While the disciples were in a garden, Jesus pulled down a vine which had many branches loaded with fruit and said: “I am the Vine and you are the branches.” In this metaphor the fruit does not grow on the vine. The fruit grows out on the branches because they are properly aligned with the Vine.
The branches can bear no fruit without the Vine and the Vine can bear no fruit without the branches. If the Vine, Jesus, wants to see fruit produced, He must pass His life-giving power through the branches, the apostles and now us.
By this inspired metaphor, Jesus was actually teaching two propositions: “Without Me, you can do nothing” and “Without you, I will do nothing.”
It is the plan of God to use the power of God in the people of God to accomplish the purposes of God according to the plan of God. Jesus is a Vine looking for branches.
Are you one of His branches?
Dick Woodward, 31 July 2012
July 27, 2018
“… I being in the way the Lord led me…” (Genesis 24:27 KJV)
When we discover the context of these words of Scripture we realize they are teaching us a principle of how God often works in the lives of God’s people. It is easier to steer a moving vehicle than one that is stationary. God can sometimes steer us more easily when we are moving. That’s why we often will find that one step frequently leads to the next step when we have faith to be led by the Holy Spirit.
The words above were spoken by Abraham’s servant who was commissioned by Abraham to travel to the land of his people to find a wife for his son Isaac. As Abraham’s servant journals the events of his search he writes that while he was in the way the Lord led him he encountered the family of Rebekah. When he met her he knew that his search had ended.

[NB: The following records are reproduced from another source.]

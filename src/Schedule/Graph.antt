-- ===== src/Schedule/Graph.antt =====
-- No step changes the graph of executions; so a pass starts a task only when all that it needs,
-- at any depth, is done.
use taskrunner.Prelude.{
  ℕ, ◌≡◌, refl, ◌∙◌, true, false, not, ◌&&◌, Option, none, some, List, [], ◌∷◌, arith, All-In,
  Option-cases, Bool-cases, inl, inr,
}
use taskrunner.Task.{Task, InvalidationEvent, keep_alive_stopped}
use taskrunner.TaskSet.{TaskExecution, is_canceled, dep_done}
use taskrunner.TaskSet.Closure.{Needs, recorded, IsComplete}
use taskrunner.Invalidation.{invalidate_event}
use taskrunner.Invalidation.Frame.{erase, invalidate_event-SameFrame}
use taskrunner.Executor.{
  Phase, spawned, executing, decided, settled, flushed, notified, planned, Run, Plan, idle, next,
  wait, Executor, try_start, start_all, run_pass, evaluate_plan, drain, invalidate,
}
use taskrunner.Executor.Pass.{startable, should_execute_iff}
use taskrunner.Schedule.{
  Move, Label, enter, settle, flush, notify, finish, evaluate, pass, late_pass, passes, late_passes,
  evaluates, drains, shuts_down, invalidates, goes, put, pick, move, go, step, run, keep_alive,
  count_error,
}

abbrev pub SameGraph : Executor → Executor → Type 0
SameGraph x y = (t : ℕ) → recorded y.tasks t ≡ recorded x.tasks t

recorded_of_erase :
    (o o' : Option TaskExecution)
    → erase o' ≡ erase o
    → ◌≡◌ {A = Option (List ℕ)}
        (elim o' [ none ↦ none | some e ↦ some e.dependencies ])
        (elim o [ none ↦ none | some e ↦ some e.dependencies ])
recorded_of_erase none none h = refl
recorded_of_erase none (some e) h = cc
recorded_of_erase (some e) none h = cc
recorded_of_erase (some e) (some e') h = ground arith

try_start-SameGraph : (t : ℕ) (x : Executor) → SameGraph x (try_start t x)
unfolding try_start
try_start-SameGraph t x u = ground arith

start_all-SameGraph : (order : List ℕ) (x : Executor) → SameGraph x (start_all order x)
unfolding start_all
start_all-SameGraph [] x u = refl
start_all-SameGraph (t ∷ order) x u =
    start_all-SameGraph order (try_start t x) u ∙ try_start-SameGraph t x u

run_pass-SameGraph : (order : List ℕ) (x : Executor) → SameGraph x (run_pass order x)
unfolding run_pass
run_pass-SameGraph order x u = ground (arith, start_all-SameGraph order x u)

evaluate_plan-SameGraph : (order : List ℕ) (x : Executor) → SameGraph x (evaluate_plan order x)
unfolding evaluate_plan
evaluate_plan-SameGraph order x u = refl

drain-SameGraph : (p : Plan) (x : Executor) {y : Executor} → drain p x ≡ some y → SameGraph x y
unfolding drain
drain-SameGraph idle x h u = ground arith
drain-SameGraph (next []) x h u = ground arith
drain-SameGraph (next (t ∷ ts)) x h u = ground arith
drain-SameGraph (wait t ts) x h u = ground arith

module _ (definition : ℕ → Task) (depth : ℕ) where
  invalidate-SameGraph :
      (event : InvalidationEvent) (t : ℕ) (x : Executor) {y : Executor}
      → invalidate definition depth event t x ≡ some y
      → SameGraph x y
  unfolding invalidate
  invalidate-SameGraph event t x h u =
      elim (Option-cases (invalidate_event definition depth event t x.tasks)) [
        | inl e ↦ ground arith
        | inr ((s, did), e) ↦
            let frame = invalidate_event-SameFrame definition depth event t x.tasks s did e u in
            ground (arith, recorded_of_erase (x.tasks u) (s u) frame)
      ]

  keep_alive-SameGraph :
      (t : ℕ) (e : TaskExecution) (x : Executor) {y : Executor}
      → keep_alive definition depth t e x ≡ some y
      → SameGraph x y
  unfolding keep_alive
  keep_alive-SameGraph t e x {y} h u =
      elim (Bool-cases ((definition t).keep_alive && not (is_canceled e.state))) [
        | inl b ↦ invalidate-SameGraph keep_alive_stopped t x {y = y} (ground arith) u
        | inr b ↦ ground arith
      ]

  move-SameGraph :
      (m : Move) (t : ℕ) (e : TaskExecution) (p : Phase) (x : Executor) {y : Executor}
      → x.tasks t ≡ some e
      → put t (move definition depth m t e p x) ≡ some y
      → SameGraph x y
  unfolding move
  move-SameGraph enter t e spawned x q h u = ground arith
  move-SameGraph (finish b) t e (executing ctx) x q h u = ground arith
  move-SameGraph settle t e (decided ctx f v) x q h u = ground arith
  move-SameGraph flush t e (settled ctx f) x q h u = ground arith
  move-SameGraph notify t e (flushed ctx f) x q h u =
      elim (Option-cases (keep_alive definition depth t e x)) [
        | inl k ↦ ground arith
        | inr (z, k) ↦ ground (arith, keep_alive-SameGraph t e x k u)
      ]
  move-SameGraph (evaluate order) t e (notified ctx true) x q h u = ground arith
  move-SameGraph (evaluate order) t e (notified ctx false) x q h u =
      ground (arith, evaluate_plan-SameGraph order x u)
  move-SameGraph (pass order) t e (planned ctx f) x q h u =
      ground (arith, run_pass-SameGraph order (count_error ctx f x) u)
  move-SameGraph (late_pass order) t e (planned ctx f) x q h u =
      ground (arith, start_all-SameGraph order (count_error ctx f x) u)
  move-SameGraph _ t e _ x q h u = ground arith

  go-SameGraph :
      (m : Move) (r : Run) (x : Executor) {y : Executor}
      → go definition depth m r x ≡ some y
      → SameGraph x y
  unfolding go
  go-SameGraph m r x {y} h u = elim (Option-cases (x.tasks r.task)) [
    | inl q ↦ ground arith
    | inr (e, q) ↦ move-SameGraph m r.task e r.phase x {y = y} q (ground arith) u
  ]

  step-SameGraph :
      (l : Label) (x : Executor) {y : Executor} → step definition depth l x ≡ some y → SameGraph x y
  unfolding step
  step-SameGraph (passes order) x h u = ground (arith, run_pass-SameGraph order x u)
  step-SameGraph (late_passes order) x h u = ground (arith, start_all-SameGraph order x u)
  step-SameGraph (evaluates order) x h u = ground (arith, evaluate_plan-SameGraph order x u)
  step-SameGraph drains x h u = drain-SameGraph x.plan x h u
  step-SameGraph shuts_down x h u = ground arith
  step-SameGraph (invalidates t event) x h u = invalidate-SameGraph event t x h u
  step-SameGraph (goes n m) x {y} h u = elim (Option-cases (pick n x.runs)) [
    | inl e ↦ ground arith
    | inr ((r, rest), e) ↦ go-SameGraph m r (record x { runs = rest }) {y = y} (ground arith) u
  ]

  pub run-SameGraph :
      (ls : List Label) (x : Executor) {y : Executor}
      → run definition depth ls x ≡ some y
      → SameGraph x y
  unfolding run
  run-SameGraph [] x h u = ground arith
  run-SameGraph (l ∷ ls) x {y} h u = elim (Option-cases (step definition depth l x)) [
    | inl e ↦ ground arith
    | inr (z, e) ↦ run-SameGraph ls z {y = y} (ground arith) u ∙ step-SameGraph l x e u
  ]

-- A task that a pass would start is invalid, and every task that it needs is done.
pub startable-Needs-done :
    (definition : ℕ → Task) (x : Executor) (t d : ℕ)
    → IsComplete definition x.tasks
    → startable x t ≡ true
    → Needs definition d t
    → dep_done (x.tasks d) ≡ true
startable-Needs-done definition x t d c h n = elim (Option-cases (x.tasks t)) [
  | inl e ↦ absurd (ground arith)
  | inr (e, q) ↦
      All-In (λ u. dep_done (x.tasks u) ≡ true) e.dependencies d
        ((should_execute_iff x.tasks e).0 (ground arith)).1
        (c.complete t e.dependencies (ground arith) d n)
]
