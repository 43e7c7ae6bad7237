-- ===== src/Shell/Options.antt =====
-- Which of several options of a command holds.
use taskrunner.Prelude.{
  ℕ, ◌≡◌, refl, sym, ap, ◌∙◌, Bool, true, Option, none, some, List, [], ◌∷◌, ◌++◌, Text, arith,
}
use taskrunner.Shell.{
  InterpRunner, RunOption, stdout_option, stderr_option, stdin_option, env_option, logger_option,
  dir_option, apply_run_option, apply_run_options, ran, run_shell, shell_run,
}
use taskrunner.GoBuild.{inject_options}

abbrev pub or_else : {A : Type 0} → Option A → Option A → Option A
or_else none b = b
or_else (some a) b = some a

-- What one option says of the standard output and error.
abbrev out_of : RunOption → Option ℕ
out_of (stdout_option w) = some w
out_of (logger_option (some (out, err))) = some out
out_of _ = none

abbrev err_of : RunOption → Option ℕ
err_of (stderr_option w) = some w
err_of (logger_option (some (out, err))) = some err
err_of _ = none

-- What the last option that says something of it says.
abbrev pub last_out : List RunOption → Option ℕ
last_out [] = none
last_out (opt ∷ opts) = or_else (last_out opts) (out_of opt)

abbrev pub last_err : List RunOption → Option ℕ
last_err [] = none
last_err (opt ∷ opts) = or_else (last_err opts) (err_of opt)

or_else_assoc : {A : Type 0} (a b c : Option A) → or_else (or_else a b) c ≡ or_else a (or_else b c)
or_else_assoc none b c = refl
or_else_assoc (some x) b c = refl

apply_run_option-out :
    (opt : RunOption) (r : InterpRunner)
    → (apply_run_option opt r).stdout ≡ or_else (out_of opt) r.stdout
unfolding apply_run_option
apply_run_option-out (stdout_option w) r = refl
apply_run_option-out (stderr_option w) r = refl
apply_run_option-out (stdin_option w) r = refl
apply_run_option-out (env_option vars) r = refl
apply_run_option-out (logger_option none) r = refl
apply_run_option-out (logger_option (some (out, err))) r = refl
apply_run_option-out (dir_option dir) r = refl

apply_run_option-err :
    (opt : RunOption) (r : InterpRunner)
    → (apply_run_option opt r).stderr ≡ or_else (err_of opt) r.stderr
unfolding apply_run_option
apply_run_option-err (stdout_option w) r = refl
apply_run_option-err (stderr_option w) r = refl
apply_run_option-err (stdin_option w) r = refl
apply_run_option-err (env_option vars) r = refl
apply_run_option-err (logger_option none) r = refl
apply_run_option-err (logger_option (some (out, err))) r = refl
apply_run_option-err (dir_option dir) r = refl

apply_run_options-out :
    (opts : List RunOption) (r : InterpRunner)
    → (apply_run_options opts r).stdout ≡ or_else (last_out opts) r.stdout
unfolding apply_run_options
apply_run_options-out [] r = refl
apply_run_options-out (opt ∷ opts) r =
    apply_run_options-out opts (apply_run_option opt r)
    ∙ ap (or_else (last_out opts)) (apply_run_option-out opt r)
    ∙ sym (or_else_assoc (last_out opts) (out_of opt) r.stdout)

apply_run_options-err :
    (opts : List RunOption) (r : InterpRunner)
    → (apply_run_options opts r).stderr ≡ or_else (last_err opts) r.stderr
unfolding apply_run_options
apply_run_options-err [] r = refl
apply_run_options-err (opt ∷ opts) r =
    apply_run_options-err opts (apply_run_option opt r)
    ∙ ap (or_else (last_err opts)) (apply_run_option-err opt r)
    ∙ sym (or_else_assoc (last_err opts) (err_of opt) r.stderr)

last_out-append :
    (xs ys : List RunOption) → last_out (xs ++ ys) ≡ or_else (last_out ys) (last_out xs)
last_out-append [] ys = ground arith
last_out-append (x ∷ xs) ys =
    ap (λ o. or_else o (out_of x)) (last_out-append xs ys)
    ∙ or_else_assoc (last_out ys) (last_out xs) (out_of x)

last_err-append :
    (xs ys : List RunOption) → last_err (xs ++ ys) ≡ or_else (last_err ys) (last_err xs)
last_err-append [] ys = ground arith
last_err-append (x ∷ xs) ys =
    ap (λ o. or_else o (err_of x)) (last_err-append xs ys)
    ∙ or_else_assoc (last_err ys) (last_err xs) (err_of x)

abbrev logger_out : Option (ℕ × ℕ) → Option ℕ
logger_out none = none
logger_out (some (out, err)) = some out

abbrev logger_err : Option (ℕ × ℕ) → Option ℕ
logger_err none = none
logger_err (some (out, err)) = some err

module _ (parses : Text → Bool) (interpreter : Option InterpRunner)
    (exec : InterpRunner → Text → Bool) where
  -- A command that parses, with the options of a task and, as a task wrapped with a build has them,
  -- those of the builder behind them: it writes to the writer of the last option of the builder that
  -- names one, else of the task's, else of the executor's, else to the logger of the task, else where
  -- the interpreter writes by itself; and so it does with its errors.
  pub shell_run_lem :
      (logger : Option (ℕ × ℕ)) (shell_run_options opts builder_opts : List RunOption)
      (command : Text) (r : InterpRunner)
      → parses command ≡ true
      → interpreter ≡ some r
      → (u : InterpRunner) × (shell_run parses interpreter exec logger shell_run_options command
            (inject_options opts builder_opts)
          ≡ ran u (exec u command))
        × (u.stdout
            ≡ or_else (last_out builder_opts) (
                or_else
                  (last_out opts)
                  (or_else (last_out shell_run_options) (or_else (logger_out logger) r.stdout))))
        × (u.stderr
            ≡ or_else (last_err builder_opts) (
                or_else
                  (last_err opts)
                  (or_else (last_err shell_run_options) (or_else (logger_err logger) r.stderr))))
  unfolding shell_run run_shell inject_options
  shell_run_lem logger shell_run_options opts builder_opts command r parsed made = (
    apply_run_options all r,
    rw (parsed, made) refl,
    apply_run_options-out all r
        ∙ ap (λ o. or_else o r.stdout)
            (last_out-append (logger_option logger ∷ shell_run_options) (opts ++ builder_opts)
              ∙ ap (λ o. or_else o (last_out (logger_option logger ∷ shell_run_options)))
                  (last_out-append opts builder_opts))
        ∙ nested_out logger,
    apply_run_options-err all r
        ∙ ap (λ o. or_else o r.stderr)
            (last_err-append (logger_option logger ∷ shell_run_options) (opts ++ builder_opts)
              ∙ ap (λ o. or_else o (last_err (logger_option logger ∷ shell_run_options)))
                  (last_err-append opts builder_opts))
        ∙ nested_err logger,
  )
    where
      all : List RunOption
      all = (logger_option logger ∷ shell_run_options) ++ (opts ++ builder_opts)

      nest :
          (a b c d e : Option ℕ)
          → or_else (or_else (or_else a b) (or_else c d)) e
            ≡ or_else a (or_else b (or_else c (or_else d e)))
      nest none none none none e = refl
      nest none none none (some x) e = refl
      nest none none (some x) d e = refl
      nest none (some x) c d e = refl
      nest (some x) b c d e = refl

      nested_out :
          (l : Option (ℕ × ℕ))
          → or_else
              (or_else
                (or_else (last_out builder_opts) (last_out opts))
                (last_out (logger_option l ∷ shell_run_options)))
              r.stdout
            ≡ or_else (last_out builder_opts) (
                or_else
                  (last_out opts)
                  (or_else (last_out shell_run_options) (or_else (logger_out l) r.stdout)))
      nested_out none =
          nest (last_out builder_opts) (last_out opts) (last_out shell_run_options) none r.stdout
      nested_out (some (out, err)) =
          nest (last_out builder_opts) (last_out opts) (last_out shell_run_options) (some out)
            r.stdout

      nested_err :
          (l : Option (ℕ × ℕ))
          → or_else
              (or_else
                (or_else (last_err builder_opts) (last_err opts))
                (last_err (logger_option l ∷ shell_run_options)))
              r.stderr
            ≡ or_else (last_err builder_opts) (
                or_else
                  (last_err opts)
                  (or_else (last_err shell_run_options) (or_else (logger_err l) r.stderr)))
      nested_err none =
          nest (last_err builder_opts) (last_err opts) (last_err shell_run_options) none r.stderr
      nested_err (some (out, err)) =
          nest (last_err builder_opts) (last_err opts) (last_err shell_run_options) (some err)
            r.stderr
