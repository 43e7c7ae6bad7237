-- ===== src/Snapshot/Diff.antt =====
-- Which files `Diff` reports.
use taskrunner.Prelude.{
  ◌≡◌, refl, ap, ◌∙◌, inl, inr, if◌then◌else◌, Bool, false, Option, none, some, List, [], ◌∷◌, ◌++◌,
  Text, is_empty, Bool-cases,
}
use taskrunner.Snapshot.{
  Snapshotter, Snapshot, UncommittedFile, hash_for, committed, current_hash, differs, recheck,
  compare_current, compare_all,
}

-- The last of the files.
abbrev pub last_of : List Text → Option Text
last_of [] = none
last_of (p ∷ ps) = elim (last_of ps) [ none ↦ some p | some q ↦ some q ]

-- Each of the files takes the place of what was reported before it.
pick : List Text → List Text → List Text → List Text
pick ds m [] = m
pick ds m (p ∷ ps) = pick ds (ds ++ p ∷ []) ps

pick-append : (ds m ps qs : List Text) → pick ds (pick ds m ps) qs ≡ pick ds m (ps ++ qs)
unfolding pick
pick-append ds m [] qs = refl
pick-append ds m (p ∷ ps) qs = pick-append ds (ds ++ p ∷ []) ps qs

abbrev pub replaced : List Text → List Text → Option Text → List Text
replaced ds m none = m
replaced ds m (some p) = ds ++ p ∷ []

replaced_cons :
    (ds m : List Text) (p : Text) (o : Option Text)
    → replaced ds (ds ++ p ∷ []) o ≡ replaced ds m (elim o [ none ↦ some p | some q ↦ some q ])
replaced_cons ds m p none = refl
replaced_cons ds m p (some q) = refl

pick-last : (ds m ps : List Text) → pick ds m ps ≡ replaced ds m (last_of ps)
unfolding pick
pick-last ds m [] = refl
pick-last ds m (p ∷ ps) = pick-last ds (ds ++ p ∷ []) ps ∙ replaced_cons ds m p (last_of ps)

module _ (c : Snapshotter) where
  -- The files of the previous snapshot whose present hash is another.
  abbrev pub changed_before : Snapshot → List UncommittedFile → List Text
  changed_before current [] = []
  changed_before current (file ∷ files) =
      if differs (current_hash c current file.path false).0 file.md5
      then file.path ∷ changed_before current files
      else changed_before current files

  -- The files of the current snapshot for which the previous has no hash, or another.
  abbrev pub changed_now : Snapshot → List UncommittedFile → List Text
  changed_now previous [] = []
  changed_now previous (file ∷ files) =
      if differs (hash_for previous file.path) file.md5
      then file.path ∷ changed_now previous files
      else changed_now previous files

  abbrev pub changed : Snapshot → Snapshot → List Text
  changed previous current =
      changed_before current previous.uncommitted_files
      ++ changed_now previous current.uncommitted_files

  recheck-pick :
      (current : Snapshot) (ds : List Text) (files : List UncommittedFile) (m : List Text)
      (err : Bool)
      → (recheck c current ds files (m, err)).0 ≡ pick ds m (changed_before current files)
  unfolding recheck pick
  recheck-pick current ds [] m err = refl
  recheck-pick current ds (file ∷ files) m err =
      elim (Bool-cases (is_empty (hash_for current file.path))) [
        | inl e ↦
            rw (e, recheck)
              (elim (Bool-cases (differs (c.hash_func file.path).0 file.md5)) [
                | inl d ↦ rw d (recheck-pick current ds files (ds ++ file.path ∷ []) _)
                | inr d ↦ rw d (recheck-pick current ds files m _)
              ])
        | inr e ↦
            rw (e, recheck)
              (elim (Bool-cases (differs (hash_for current file.path) file.md5)) [
                | inl d ↦ rw d (recheck-pick current ds files (ds ++ file.path ∷ []) _)
                | inr d ↦ rw d (recheck-pick current ds files m _)
              ])
      ]

  compare_current-pick :
      (previous : Snapshot) (ds : List Text) (files : List UncommittedFile) (m : List Text)
      → compare_current previous ds files m ≡ pick ds m (changed_now previous files)
  unfolding compare_current pick
  compare_current-pick previous ds [] m = refl
  compare_current-pick previous ds (file ∷ files) m =
      elim (Bool-cases (differs (hash_for previous file.path) file.md5)) [
        | inl e ↦ rw e (compare_current-pick previous ds files (ds ++ file.path ∷ []))
        | inr e ↦ rw e (compare_current-pick previous ds files m)
      ]

  -- Where files that were or are uncommitted have a changed hash, `Diff` reports the files that
  -- `git diff` lists and only the last of these; where there are none, those that `git diff` lists
  -- and the previous snapshot has no hash for.
  pub compare_all_lem :
      (previous current : Snapshot) (ds : List Text)
      → (compare_all c previous current ds).0
        ≡ replaced ds (committed previous ds) (last_of (changed previous current))
  unfolding compare_all
  compare_all_lem previous current ds =
      compare_current-pick previous ds current.uncommitted_files _
      ∙ (ap (λ m. pick ds m (changed_now previous current.uncommitted_files))
            (recheck-pick current ds previous.uncommitted_files (committed previous ds) false)
          ∙ (pick-append ds (committed previous ds)
                (changed_before current previous.uncommitted_files)
                (changed_now previous current.uncommitted_files)
              ∙ pick-last ds (committed previous ds) (changed previous current)))
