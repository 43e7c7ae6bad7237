-- ===== src/Start.antt =====
-- executor.go: `NewExecutor`, and `Run` up to its first pass. The start hooks are given by
-- whether each returns an error.
pub mod Fresh
pub mod Graph
use taskrunner.Prelude.{
  ℕ, zero, suc, ◌+◌, if◌then◌else◌, Bool, true, false, ◌||◌, Option, none, some, List, [], ◌∷◌,
  Text, bytes, text_eq, any,
}
use taskrunner.Task.{Task}
use taskrunner.TaskSet.{TaskSet, Build, add}
use taskrunner.Executor.{Executor, idle, root, is_nil}

pub data Outcome : Type 0 where
  undefined_task : Text → Outcome
  out_of_fuel : Outcome
  help : List ℕ → Outcome
  hook_errors : List ℕ → Outcome
  started : Executor → Outcome

-- `taskRegistry`: of two tasks with one name it holds the later.
unfoldable pub task_registry : (ℕ → Task) → List ℕ → Text → Option ℕ
task_registry definition [] name = none
task_registry definition (t ∷ ts) name = elim (task_registry definition ts name) [
  | some u ↦ some u
  | none ↦ if text_eq (definition t).name name then some t else none
]

abbrev pub is_help : Text → Bool
is_help arg = text_eq arg (bytes "-h") || text_eq arg (bytes "--help")

-- The tasks of the set that were given a help flag, in the order in which `range e.tasks` visits them.
unfoldable pub with_help : (ℕ → Task) → (Text → List Text) → List ℕ → TaskSet → List ℕ
with_help definition flag_args [] s = []
with_help definition flag_args (t ∷ order) s =
    let rest = with_help definition flag_args order s in
    elim (s t) [
      | none ↦ rest
      | some e ↦ if any is_help (flag_args (definition t).name) then t ∷ rest else rest
    ]

-- The numbers of the hooks that fail.
unfoldable pub failing : ℕ → List Bool → List ℕ
failing i [] = []
failing i (failed ∷ hooks) = let rest = failing (i + 1) hooks in if failed then i ∷ rest else rest

abbrev pub initial : Build → Executor
initial b = record {
  tasks = b.tasks;
  runs = [];
  plan = idle;
  cancelled = [];
  next_ctx = b.next_ctx;
  invalidation_ch = 0;
  events = [];
  errors = 0;
}

abbrev pub empty_build : Build
empty_build = record { tasks = λ t. none; next_ctx = 1 }

-- What a graph of executions leads to.
abbrev pub begin : (ℕ → Task) → (Text → List Text) → List ℕ → List Bool → Build → Outcome
begin definition flag_args order hooks b =
    let helped = with_help definition flag_args order b.tasks in
    let errors = failing 0 hooks in
    if is_nil helped
    then (if is_nil errors then started (initial b) else hook_errors errors)
    else help helped

-- The loop over the task names, and what follows it.
unfoldable pub run_names :
    (ℕ → Task) → ℕ → (Text → Option ℕ) → (Build → Outcome) → List Text → Build → Outcome
unfolding add
run_names definition fuel registry finish [] b = finish b
run_names definition fuel registry finish (name ∷ names) b = elim (registry name) [
  | none ↦ undefined_task name
  | some t ↦ elim (add definition fuel root t b) [
    | none ↦ out_of_fuel
    | some (b', deps) ↦ run_names definition fuel registry finish names b'
  ]
]

module _ (definition : ℕ → Task) (fuel : ℕ) (all : List ℕ) (flag_args : Text → List Text) where
  -- `Run` up to its first pass, for the tasks `all` of the executor.
  unfoldable pub start : List ℕ → List Bool → List Text → Outcome
  unfolding task_registry with_help failing run_names
  start order hooks names =
      run_names definition fuel (task_registry definition all)
        (begin definition flag_args order hooks) names empty_build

Committed followers of Christ were commissioned two thousand years ago to go to all nations and make disciples for Jesus Christ. A journey of a thousand miles begins with the first step. Like the servant of Abraham, as we embark on the adventure of obeying our great commission, we should expect that each step will lead to the next step.
We don’t always have to know where the road leads as long as we know it is the right road. While we are in the way our Lord has commissioned us to go we must have the faith to take that first step and then, one step at a time, expect our Lord to show us His will about the next step.